**Try it**:
Can you reproduce the data beneath, keeping every line exact?
Content starts
-- ===== src/Core/Strings/Replace.antt =====
-- acatl/string_helper.cpp: `replaceAll` as a cut of the source at each occurrence.
use acatl.Base.{
  ℕ, zero, suc, ◌<◌, ◌≡◌, refl, sym, ap, ◌∙◌, Bytes, List, [], ◌∷◌, ◌++◌, Option, none, some,
  length, length-append, All, subst, arith, Option-cases, inl, inr,
}
use mathlib.Core.Option
use acatl.Core.Strings.{strip_prefix, find, before_push, replace_loop, replace_all, join}

strip_prefix_sound : (from s r : Bytes) → strip_prefix from s ≡ some r → s ≡ from ++ r
unfolding strip_prefix
strip_prefix_sound [] s r h = cc
strip_prefix_sound (f ∷ fs) [] r h = cc
strip_prefix_sound (f ∷ fs) (c ∷ cs) r h = ground (arith, strip_prefix_sound fs cs r)

-- What does not start a text does not start a first part of it.
strip_prefix-append :
    (from xs ys : Bytes) → strip_prefix from (xs ++ ys) ≡ none → strip_prefix from xs ≡ none
unfolding strip_prefix
strip_prefix-append [] xs ys h = cc
strip_prefix-append (f ∷ fs) [] ys h = refl
strip_prefix-append (f ∷ fs) (x ∷ xs) ys h = ground (arith, strip_prefix-append fs xs ys)

-- What `find` gives spells the text, and the part before the occurrence holds none.
record Found (from s before after : Bytes) : Type 0 where
  pub spells : s ≡ before ++ (from ++ after)
  pub first : find from before ≡ none

find-here :
    (from : Bytes) (c : ℕ) (cs r : Bytes)
    → strip_prefix from (c ∷ cs) ≡ some r
    → find from (c ∷ cs) ≡ some ([], r)
unfolding find
find-here from c cs r e = rw (e, find)

find-later :
    (from : Bytes) (c : ℕ) (cs : Bytes)
    → strip_prefix from (c ∷ cs) ≡ none
    → find from (c ∷ cs) ≡ Option.map (before_push c) (find from cs)
unfolding find
find-later from c cs e = rw (e, find)

find_nil : (f : ℕ) (fs : Bytes) → find (f ∷ fs) [] ≡ none
unfolding find strip_prefix
find_nil f fs = refl

push-none : (c : ℕ) (o : Option (Bytes × Bytes)) → o ≡ none → Option.map (before_push c) o ≡ none
push-none c o e = rw e

find-Found :
    (f : ℕ) (fs s before after : Bytes)
    → find (f ∷ fs) s ≡ some (before, after)
    → Found (f ∷ fs) s before after
find-Found f fs [] before after h = let e = find_nil f fs in cc
find-Found f fs (c ∷ cs) before after h = elim (Option-cases (strip_prefix (f ∷ fs) (c ∷ cs))) [
  | inr (r, starts) ↦
      let here = sym (find-here (f ∷ fs) c cs r starts) ∙ h in
      let no_before : [] ≡ before = cc in
      let same : r ≡ after = cc in
      subst (λ b. Found (f ∷ fs) (c ∷ cs) b after) no_before
        (record {
          spells = strip_prefix_sound (f ∷ fs) (c ∷ cs) after (starts ∙ ap some same);
          first = find_nil f fs;
        })
  | inl other ↦ elim (Option-cases (find (f ∷ fs) cs)) [
    | inl missing ↦
        let gone =
          sym (push-none c (find (f ∷ fs) cs) missing) ∙ sym (find-later (f ∷ fs) c cs other) ∙ h in
        cc
    | inr ((b, a), found) ↦
        let rest = find-Found f fs cs b a found in
        let later =
          ap (Option.map (before_push c)) (sym found) ∙ sym (find-later (f ∷ fs) c cs other) ∙ h in
        let e_b : c ∷ b ≡ before = cc in
        let e_a : a ≡ after = cc in
        let unstarted =
          strip_prefix-append (f ∷ fs) (c ∷ b) ((f ∷ fs) ++ a)
            (ap (λ x. strip_prefix (f ∷ fs) (c ∷ x)) (sym rest.spells) ∙ other) in
        subst (λ x. Found (f ∷ fs) (c ∷ cs) x after) e_b
          (subst (Found (f ∷ fs) (c ∷ cs) (c ∷ b)) e_a (record {
            spells = ap (λ x. c ∷ x) rest.spells;
            first = find-later (f ∷ fs) c b unstarted ∙ push-none c (find (f ∷ fs) b) rest.first;
          }))
  ]
]

-- The rest of the text is shorter than the text.
length-Found :
    (f : ℕ) (fs s before after : Bytes) → Found (f ∷ fs) s before after → length after < length s
length-Found f fs s before after found = omega (
  arith,
  ap length found.spells,
  length-append before ((f ∷ fs) ++ after),
  length-append fs after,
)

-- A cut of a text at `from`, and the text with `to` in its place.
record Pieces (from to s : Bytes) (result : Option Bytes) : Type 0 where
  pub piece : Bytes
  pub pieces : List Bytes
  pub source : join (piece ∷ pieces) from ≡ s
  pub free : All (λ p. find from p ≡ none) (piece ∷ pieces)
  pub joined : result ≡ some (join (piece ∷ pieces) to)

loop-end :
    (fuel : ℕ) (from to s : Bytes) → find from s ≡ none → replace_loop (suc fuel) from to s ≡ some s
unfolding replace_loop
loop-end fuel from to s e = rw (e, replace_loop)

loop-next :
    (fuel : ℕ) (from to s before after : Bytes)
    → find from s ≡ some (before, after)
    → replace_loop (suc fuel) from to s
      ≡ Option.map (λ rest. before ++ (to ++ rest)) (replace_loop fuel from to after)
unfolding replace_loop
loop-next fuel from to s before after e = rw (e, replace_loop)

replace_loop-Pieces :
    (fuel f : ℕ) (fs to s : Bytes)
    → length s < fuel
    → Pieces (f ∷ fs) to s (replace_loop fuel (f ∷ fs) to s)
unfolding join
replace_loop-Pieces zero f fs to s h = absurd (omega arith)
replace_loop-Pieces (suc fuel) f fs to s h = elim (Option-cases (find (f ∷ fs) s)) [
  | inl missing ↦ record {
    piece = s;
    pieces = [];
    source = refl;
    free = (missing, tt);
    joined = loop-end fuel (f ∷ fs) to s missing;
  }
  | inr ((before, after), e) ↦
      let found = find-Found f fs s before after e in
      let rest =
        replace_loop-Pieces fuel f fs to after
          (omega (arith, length-Found f fs s before after found)) in
      record {
        piece = before;
        pieces = rest.piece ∷ rest.pieces;
        source = ap (λ x. before ++ ((f ∷ fs) ++ x)) rest.source ∙ sym found.spells;
        free = (found.first, rest.free);
        joined =
            loop-next fuel (f ∷ fs) to s before after e
            ∙ ap (Option.map (λ x. before ++ (to ++ x))) rest.joined;
      }
]

-- For a text `from` that is not empty, `replaceAll` comes to its end: it cuts the source at
-- occurrences of `from` into pieces that hold no `from`, and joins the pieces by `to`.
pub replace_all-join :
    (f : ℕ) (fs to s : Bytes)
    → (p : Bytes) × (ps : List Bytes) × (join (p ∷ ps) (f ∷ fs) ≡ s)
      × (replace_all s (f ∷ fs) to ≡ some (join (p ∷ ps) to))
      × All (λ q. find (f ∷ fs) q ≡ none) (p ∷ ps)
unfolding replace_all
replace_all-join f fs to s =
    let r = replace_loop-Pieces (suc (length s)) f fs to s (omega arith) in
    (r.piece, r.pieces, r.source, r.joined, r.free)

-- For an empty `from`, no amount of fuel is enough for the loop of `replaceAll`, on any source.
replace_loop_empty : (fuel : ℕ) (to s : Bytes) → replace_loop fuel [] to s ≡ none
unfolding replace_loop find strip_prefix
replace_loop_empty zero to s = refl
replace_loop_empty (suc fuel) to [] = rw (replace_loop_empty fuel to [])
replace_loop_empty (suc fuel) to (c ∷ cs) = rw (replace_loop_empty fuel to (c ∷ cs))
Content ends
**Task output**:
-- ===== src/Core/Strings/Replace.antt =====
-- acatl/string_helper.cpp: `replaceAll` as a cut of the source at each occurrence.
use acatl.Base.{
  ℕ, zero, suc, ◌<◌, ◌≡◌, refl, sym, ap, ◌∙◌, Bytes, List, [], ◌∷◌, ◌++◌, Option, none, some,
  length, length-append, All, subst, arith, Option-cases, inl, inr,
}
use mathlib.Core.Option
use acatl.Core.Strings.{strip_prefix, find, before_push, replace_loop, replace_all, join}

strip_prefix_sound : (from s r : Bytes) → strip_prefix from s ≡ some r → s ≡ from ++ r
unfolding strip_prefix
strip_prefix_sound [] s r h = cc
strip_prefix_sound (f ∷ fs) [] r h = cc
strip_prefix_sound (f ∷ fs) (c ∷ cs) r h = ground (arith, strip_prefix_sound fs cs r)

-- What does not start a text does not start a first part of it.
strip_prefix-append :
    (from xs ys : Bytes) → strip_prefix from (xs ++ ys) ≡ none → strip_prefix from xs ≡ none
unfolding strip_prefix
strip_prefix-append [] xs ys h = cc
strip_prefix-append (f ∷ fs) [] ys h = refl
strip_prefix-append (f ∷ fs) (x ∷ xs) ys h = ground (arith, strip_prefix-append fs xs ys)

-- What `find` gives spells the text, and the part before the occurrence holds none.
record Found (from s before after : Bytes) : Type 0 where
  pub spells : s ≡ before ++ (from ++ after)
  pub first : find from before ≡ none

find-here :
    (from : Bytes) (c : ℕ) (cs r : Bytes)
    → strip_prefix from (c ∷ cs) ≡ some r
    → find from (c ∷ cs) ≡ some ([], r)
unfolding find
find-here from c cs r e = rw (e, find)

find-later :
    (from : Bytes) (c : ℕ) (cs : Bytes)
    → strip_prefix from (c ∷ cs) ≡ none
    → find from (c ∷ cs) ≡ Option.map (before_push c) (find from cs)
unfolding find
find-later from c cs e = rw (e, find)

find_nil : (f : ℕ) (fs : Bytes) → find (f ∷ fs) [] ≡ none
unfolding find strip_prefix
find_nil f fs = refl

push-none : (c : ℕ) (o : Option (Bytes × Bytes)) → o ≡ none → Option.map (before_push c) o ≡ none
push-none c o e = rw e

find-Found :
    (f : ℕ) (fs s before after : Bytes)
    → find (f ∷ fs) s ≡ some (before, after)
    → Found (f ∷ fs) s before after
find-Found f fs [] before after h = let e = find_nil f fs in cc
find-Found f fs (c ∷ cs) before after h = elim (Option-cases (strip_prefix (f ∷ fs) (c ∷ cs))) [
  | inr (r, starts) ↦
      let here = sym (find-here (f ∷ fs) c cs r starts) ∙ h in
      let no_before : [] ≡ before = cc in
      let same : r ≡ after = cc in
      subst (λ b. Found (f ∷ fs) (c ∷ cs) b after) no_before
        (record {
          spells = strip_prefix_sound (f ∷ fs) (c ∷ cs) after (starts ∙ ap some same);
          first = find_nil f fs;
        })
  | inl other ↦ elim (Option-cases (find (f ∷ fs) cs)) [
    | inl missing ↦
        let gone =
          sym (push-none c (find (f ∷ fs) cs) missing) ∙ sym (find-later (f ∷ fs) c cs other) ∙ h in
        cc
    | inr ((b, a), found) ↦
        let rest = find-Found f fs cs b a found in
        let later =
          ap (Option.map (before_push c)) (sym found) ∙ sym (find-later (f ∷ fs) c cs other) ∙ h in
        let e_b : c ∷ b ≡ before = cc in
        let e_a : a ≡ after = cc in
        let unstarted =
          strip_prefix-append (f ∷ fs) (c ∷ b) ((f ∷ fs) ++ a)
            (ap (λ x. strip_prefix (f ∷ fs) (c ∷ x)) (sym rest.spells) ∙ other) in
        subst (λ x. Found (f ∷ fs) (c ∷ cs) x after) e_b
          (subst (Found (f ∷ fs) (c ∷ cs) (c ∷ b)) e_a (record {
            spells = ap (λ x. c ∷ x) rest.spells;
            first = find-later (f ∷ fs) c b unstarted ∙ push-none c (find (f ∷ fs) b) rest.first;
          }))
  ]
]

-- The rest of the text is shorter than the text.
length-Found :
    (f : ℕ) (fs s before after : Bytes) → Found (f ∷ fs) s before after → length after < length s
length-Found f fs s before after found = omega (
  arith,
  ap length found.spells,
  length-append before ((f ∷ fs) ++ after),
  length-append fs after,
)

-- A cut of a text at `from`, and the text with `to` in its place.
record Pieces (from to s : Bytes) (result : Option Bytes) : Type 0 where
  pub piece : Bytes
  pub pieces : List Bytes
  pub source : join (piece ∷ pieces) from ≡ s
  pub free : All (λ p. find from p ≡ none) (piece ∷ pieces)
  pub joined : result ≡ some (join (piece ∷ pieces) to)

loop-end :
    (fuel : ℕ) (from to s : Bytes) → find from s ≡ none → replace_loop (suc fuel) from to s ≡ some s
unfolding replace_loop
loop-end fuel from to s e = rw (e, replace_loop)

loop-next :
    (fuel : ℕ) (from to s before after : Bytes)
    → find from s ≡ some (before, after)
    → replace_loop (suc fuel) from to s
      ≡ Option.map (λ rest. before ++ (to ++ rest)) (replace_loop fuel from to after)
unfolding replace_loop
loop-next fuel from to s before after e = rw (e, replace_loop)

replace_loop-Pieces :
    (fuel f : ℕ) (fs to s : Bytes)
    → length s < fuel
    → Pieces (f ∷ fs) to s (replace_loop fuel (f ∷ fs) to s)
unfolding join
replace_loop-Pieces zero f fs to s h = absurd (omega arith)
replace_loop-Pieces (suc fuel) f fs to s h = elim (Option-cases (find (f ∷ fs) s)) [
  | inl missing ↦ record {
    piece = s;
    pieces = [];
    source = refl;
    free = (missing, tt);
    joined = loop-end fuel (f ∷ fs) to s missing;
  }
  | inr ((before, after), e) ↦
      let found = find-Found f fs s before after e in
      let rest =
        replace_loop-Pieces fuel f fs to after
          (omega (arith, length-Found f fs s before after found)) in
      record {
        piece = before;
        pieces = rest.piece ∷ rest.pieces;
        source = ap (λ x. before ++ ((f ∷ fs) ++ x)) rest.source ∙ sym found.spells;
        free = (found.first, rest.free);
        joined =
            loop-next fuel (f ∷ fs) to s before after e
            ∙ ap (Option.map (λ x. before ++ (to ++ x))) rest.joined;
      }
]

-- For a text `from` that is not empty, `replaceAll` comes to its end: it cuts the source at
-- occurrences of `from` into pieces that hold no `from`, and joins the pieces by `to`.
pub replace_all-join :
    (f : ℕ) (fs to s : Bytes)
    → (p : Bytes) × (ps : List Bytes) × (join (p ∷ ps) (f ∷ fs) ≡ s)
      × (replace_all s (f ∷ fs) to ≡ some (join (p ∷ ps) to))
      × All (λ q. find (f ∷ fs) q ≡ none) (p ∷ ps)
unfolding replace_all
replace_all-join f fs to s =
    let r = replace_loop-Pieces (suc (length s)) f fs to s (omega arith) in
    (r.piece, r.pieces, r.source, r.joined, r.free)

-- For an empty `from`, no amount of fuel is enough for the loop of `replaceAll`, on any source.
replace_loop_empty : (fuel : ℕ) (to s : Bytes) → replace_loop fuel [] to s ≡ none
unfolding replace_loop find strip_prefix
replace_loop_empty zero to s = refl
replace_loop_empty (suc fuel) to [] = rw (replace_loop_empty fuel to [])
replace_loop_empty (suc fuel) to (c ∷ cs) = rw (replace_loop_empty fuel to (c ∷ cs))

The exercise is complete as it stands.